Оригинальная коллекция
Мими Кнеллер сделала колоссальную, прямо-таки баснословную карьеру. Еще только год назад она служила кельнершей в достаточно скромном, второстепенном кафе и зарабатывала гроши, выживая на те деньги, которые ей перепадали от посетителей. А перепадало немного, ибо главный контингент посетителей – студенты и начинающие артисты – был народ небогатый.
Но вот привалило настоящее счастье.
Какой-то лейтенант устроил ей буйную сцену ревности, и ее возражения довели несчастного до того, что он выстрелил в нее из револьвера. Придя в себя спустя минуту и ужаснувшись содеянного, он выпустил вторую пулю, но уже в себя. В то время как Мими была только легко ранена в руку, лейтенант был убит наповал.
Верный инстинкт тотчас же подсказал Мими, что ей надлежало делать: она с воем бросилась на труп лейтенанта, которого вдруг полюбила страстно и незабвенно.
Покойного решили перевезти на родину, и Мими явилась на вокзал в очаровательном трауре. Ей вторично улыбнулось счастье. Утешитель недолго заставил себя ждать: он явился в лице барона Гогенталя, который с вокзала увез с собой безутешную девушку в далекое путешествие.
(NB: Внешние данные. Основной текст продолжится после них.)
-- ===== src/Vnet/Nat/Tests.antt =====
-- A translator in front of one host, in both modes.
use transport.Prelude.{◌≤◌, ◌<◌, ◌≡◌, refl, false, none, some, List, [], ◌∷◌, arith}
use transport.Vnet.Addr.{Ip, Addr, ip_eq}
use transport.Vnet.Chunk.{set_source_addr, Network, Chunk, set_destination_addr}
use transport.Vnet.NatState.{
  Nat, NatType, NatMode, EndpointDependencyType, OutboundKey, Bound, translated, failed,
  has_no_permission, no_nat_binding_found, port_space_exhausted, network_eq, addr_eq, bound_eq,
  bool_eq, outbound_key_eq, inbound_key_eq, outbound_key, inbound_key, destination_key,
}
use transport.Vnet.Nat.{
  made, new_nat, paired, remote_key, remove_mapping, find_outbound_mapping, find_inbound_mapping,
  new_mapping, insert_mapping, with_source, with_destination, bind, reuse, translate_outbound_napt,
  to_mapped, to_local, translate_outbound, admit, translate_inbound_napt, translate_inbound,
  port_base,
}
use transport.Vnet.Nat.Valid.{IsValid}
use transport.Vnet.Nat.Find.{made-IsValid}
use transport.Vnet.Nat.RoundTrip.{translate_inbound-outbound}
use transport.Vnet.Nat.Permission.{
  Event, run, sent_in, Any, run-IsReached, start-IsReached, translate_inbound-sent,
}
use transport.Vnet.Nat.Ports.{run-mapped, translate_inbound_expired}
use transport.Vnet.Nat.Paired.{one_to_one-outbound}

program : Unit {0}
unfolding new_nat network_eq addr_eq bound_eq bool_eq ip_eq outbound_key_eq inbound_key_eq paired
    remote_key remove_mapping find_outbound_mapping find_inbound_mapping new_mapping insert_mapping
    with_source with_destination bind reuse translate_outbound_napt to_mapped to_local
    translate_outbound admit translate_inbound_napt translate_inbound run sent_in
program = tt

-- Endpoint-independent mapping and address- and port-dependent filtering, for 30 units of time.
abbrev strict : NatType
strict = record {
  mode = NatMode.normal;
  mapping_behavior = EndpointDependencyType.endpoint_independent;
  filtering_behavior = EndpointDependencyType.endpoint_addr_port_dependent;
  hairpinning = false;
  port_preservation = false;
  mapping_life_time = 30;
}

abbrev public_ip : Ip
public_ip = Ip.v4 0x1b010101

abbrev nat : Nat
nat = made strict (public_ip ∷ []) []

abbrev laptop : Addr
laptop = record { ip = Ip.v4 0x0a000002; port = 5000 }

abbrev server : Addr
server = record { ip = Ip.v4 0x01020304; port = 80 }

abbrev stranger : Addr
stranger = record { ip = Ip.v4 0x01020304; port = 81 }

abbrev request : Chunk
request = record {
  network = Network.udp;
  source = laptop;
  destination = server;
  user_data = 1 ∷ [];
  timestamp = 0;
}

abbrev outside : Addr
outside = record { ip = public_ip; port = 0xC000 }

abbrev sent : Chunk
sent = record request { source = outside }

abbrev answer : Chunk
answer = record {
  network = Network.udp;
  source = server;
  destination = outside;
  user_data = 2 ∷ [];
  timestamp = 0;
}

abbrev after : Nat
after = (translate_outbound nat 100 request).0

request_sent : (translate_outbound nat 100 request).1 ≡ translated sent
unfolding program
request_sent = refl

stranger_refused :
    (translate_inbound after 110 (record answer { source = stranger })).1 ≡ failed has_no_permission
unfolding program
stranger_refused = refl

next_port :
    (translate_outbound after 110 (record request { source = record laptop { port = 5001 } })).1
    ≡ translated (record sent { source = record outside { port = 0xC001 } })
unfolding program
next_port = refl

exhausted :
    (translate_outbound (record nat { udp_port_counter = 0x4000 }) 100 request).1
    ≡ failed port_space_exhausted
unfolding program
exhausted = refl

translate_inbound-outbound_example :
    translate_inbound after 130 answer ≡ (after, translated (set_destination_addr answer laptop))
translate_inbound-outbound_example =
    translate_inbound-outbound nat after 100 130 request sent answer public_ip []
      (made-IsValid strict (public_ip ∷ []) []) refl refl (unfold program in refl) refl refl refl
      (omega arith)

abbrev events : List Event
events = Event.outbound 100 request ∷ Event.inbound 105 (record answer { source = stranger }) ∷ []

translate_inbound-sent_example :
    Any
      (λ c.
        (c.network ≡ Network.udp)
        × (c.source ≡ laptop)
        × (remote_key strict.filtering_behavior c.destination
            ≡ remote_key strict.filtering_behavior server))
      (sent_in [] events)
translate_inbound-sent_example =
    translate_inbound-sent strict public_ip [] refl [] events 110 (run nat events) answer
      (set_destination_addr answer laptop) (unfold program in refl)

abbrev key : OutboundKey
key = record { proto = Network.udp; local = laptop; bound = Bound.anyone }

run-mapped_example :
    (inbound_key ((run nat events).cells 0) ≡ inbound_key ((run nat events).cells 0) → key ≡ key)
    × ((run nat events).inbound_map (inbound_key ((run nat events).cells 0)) ≡ some 0)
    × (port_base ((run nat events).cells 0).proto ≤ ((run nat events).cells 0).mapped.port)
    × (((run nat events).cells 0).mapped.port < 65536)
run-mapped_example =
    run-mapped strict public_ip [] [] events key key 0 0 refl (unfold program in refl)
      (unfold program in refl)

after-IsValid : IsValid after
unfolding run
after-IsValid =
    (run-IsReached strict public_ip [] refl (Event.outbound 100 request ∷ []) nat []
      (start-IsReached strict public_ip [] refl [])).valid

translate_inbound_expired_example :
    let (n', out) = translate_inbound after 131 answer in
    (out ≡ failed no_nat_binding_found)
    × (n'.inbound_map (destination_key Network.udp outside) ≡ none)
    × (n'.outbound_map (outbound_key (after.cells 0)) ≡ none)
translate_inbound_expired_example =
    translate_inbound_expired after 131 answer 0 after-IsValid (unfold program in refl)
      (unfold program in refl) (unfold program in omega arith)

abbrev pairs : Nat
pairs = made (record strict { mode = NatMode.one_to_one }) (public_ip ∷ []) (laptop.ip ∷ [])

abbrev paired_answer : Chunk
paired_answer = record answer {
  source = stranger;
  destination = record { ip = public_ip; port = request.source.port };
}

one_to_one-outbound_example :
    (translate_outbound pairs 100 request ≡ (
      pairs,
      translated (set_source_addr request (record { ip = public_ip; port = request.source.port })),
    ))
    × (translate_inbound pairs 900 paired_answer
        ≡ (pairs, translated (set_destination_addr paired_answer request.source)))
one_to_one-outbound_example =
    one_to_one-outbound pairs 100 900 public_ip request paired_answer refl (tt, tt)
      (unfold program in refl) refl refl refl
Красивый барон не замедлил вернуться, без Мими. Она же вернулась в Мюнхен спустя год. Теперь она звалась уже не Мими Кнеллер, а Миа Ле Фракас. Вместе с собой она привезла тетку, французскую камеристку и туго набитый кошелек. За это время она успела побывать в Баден-Бадене, Интерлакене и Ницце. Из Ниццы, вместе с одной из своих новых приятельниц, она заглянула в Париж.